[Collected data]

+ + + + +

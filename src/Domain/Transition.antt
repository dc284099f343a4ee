-- ===== src/Domain/Transition.antt =====
-- internal/domain/reducer.go: the error values, the transition guard and the helpers that move a
-- projection along it. A failed call of the source may leave a half-written projection behind,
-- which every caller drops, so an error here carries no state.
use agent_dock_coedx5_6sol.Prelude.{
  String, Bool, true, false, not, ◌&&◌, ◌||◌, List, [], ◌∷◌, ◌==◌, ◌!=◌, string_eq, any,
  if◌then◌else◌, Result, ok, err, ◌>>◌, reject,
}
use agent_dock_coedx5_6sol.Domain.Types.{
  DesiredState, Status, State, terminal, status_eq, desired_eq, command_type_eq, CommandType,
}

-- `terminal_transition` wraps both ErrTerminalState and ErrInvalidTransition.
pub data DomainError : Type 0 where
  invalid_sequence duplicate_idempotency_key invalid_transition terminal_state : DomainError
  terminal_transition unsupported_event invalid_event : DomainError

-- The table of ValidateTransition: the states that may follow.
abbrev pub allowed : Status → List Status
allowed Status.unset = Status.queued ∷ []
allowed Status.queued =
    Status.provisioning ∷ Status.paused ∷ Status.waiting_approval ∷ Status.failed ∷ Status.cancelled
    ∷ []
allowed Status.provisioning =
    Status.reasoning ∷ Status.paused ∷ Status.waiting_approval ∷ Status.failed ∷ Status.cancelled
    ∷ []
allowed Status.reasoning =
    Status.acting ∷ Status.paused ∷ Status.waiting_approval ∷ Status.failed ∷ Status.cancelled ∷ []
allowed Status.acting =
    Status.verifying ∷ Status.paused ∷ Status.waiting_approval ∷ Status.failed ∷ Status.cancelled
    ∷ []
allowed Status.verifying =
    Status.succeeded ∷ Status.repairing ∷ Status.paused ∷ Status.waiting_approval ∷ Status.failed
    ∷ Status.cancelled ∷ []
allowed Status.repairing =
    Status.reasoning ∷ Status.waiting_approval ∷ Status.paused ∷ Status.failed ∷ Status.cancelled
    ∷ []
allowed Status.waiting_approval =
    Status.reasoning ∷ Status.paused ∷ Status.failed ∷ Status.cancelled ∷ []
allowed Status.paused =
    Status.queued ∷ Status.provisioning ∷ Status.reasoning ∷ Status.acting ∷ Status.verifying
    ∷ Status.repairing ∷ Status.waiting_approval ∷ Status.succeeded ∷ Status.failed
    ∷ Status.cancelled ∷ []
allowed _ = []

-- ValidateTransition
unfoldable pub validate_transition : Status → Status → Result DomainError (Unit {0})
validate_transition from to = do
  reject (terminal from) DomainError.terminal_transition
  reject (not (any (λ s. s == to) (allowed from))) DomainError.invalid_transition

-- transition
unfoldable pub transition : State → Status → Result DomainError State
unfolding validate_transition
transition s next = do
  validate_transition s.run.observed_state next
  ok (record s { run = record s.run { observed_state = next } })

-- advanceManagedState: a paused projection moves its resume state instead.
unfoldable pub advance_managed_state : State → Status → Result DomainError State
unfolding validate_transition transition
advance_managed_state s next =
    if s.run.observed_state == Status.paused
    then (do validate_transition s.resume_state next; ok (record s { resume_state = next }))
    else transition s next

-- advancePlannedResult
unfoldable pub advance_planned_result : State → Bool → Status → Result DomainError State
unfolding validate_transition transition
advance_planned_result s was_paused next =
    if not was_paused
    then transition s next
    else do validate_transition s.resume_state next; ok (record s { resume_state = next })

-- requireManagedLogicalState
unfoldable pub require_managed_logical_state : State → Status → Result DomainError (Unit {0})
require_managed_logical_state s expected =
    let logical =
      if s.run.observed_state == Status.paused then s.resume_state else s.run.observed_state in
    reject (logical != expected) DomainError.invalid_transition

-- requireActiveState
unfoldable pub require_active_state : State → Status → Result DomainError (Unit {0})
require_active_state s expected = do
  reject (not s.exists) DomainError.invalid_transition
  reject (s.run.desired_state != DesiredState.running || s.run.observed_state != expected)
      DomainError.invalid_transition

-- requirePlannedResultState: the value says whether the projection is paused.
unfoldable pub require_planned_result_state : State → Status → Result DomainError Bool
require_planned_result_state s expected = do
  reject (not s.exists) DomainError.invalid_transition
  if s.run.desired_state == DesiredState.running && s.run.observed_state == expected
      then ok false
      else if s.run.desired_state == DesiredState.paused
          && s.run.observed_state == Status.paused
          && s.resume_state == expected
      then ok true
      else err DomainError.invalid_transition

-- requirePendingAction
unfoldable pub require_pending_action : State → String → Result DomainError (Unit {0})
require_pending_action s action_id =
    reject (action_id == "" || s.pending_action_id == "" || action_id != s.pending_action_id)
      DomainError.invalid_transition

-- requireManagedPendingAction
unfoldable pub require_managed_pending_action :
    State → String → CommandType → Result DomainError (Unit {0})
require_managed_pending_action s action_id action_type =
    reject
      (action_id == ""
        || action_id != s.pending_action_id
        || action_type == CommandType.unset
        || action_type != s.pending_action_type)
      DomainError.invalid_transition
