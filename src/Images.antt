-- ===== src/Images.antt =====
-- The keys of attachments (app/services/image_keys.py and app/services/image_upload.py). A text is the
-- list of its code points.
pub mod Keys
pub mod Upload
pub mod Names
pub mod Owner
pub mod Form
mod Tests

+ + + + +

What you have to do => List all lines above in which the string "Images" appears.

Written response =>
filename src/Images.antt
-- ===== src/Images.antt =====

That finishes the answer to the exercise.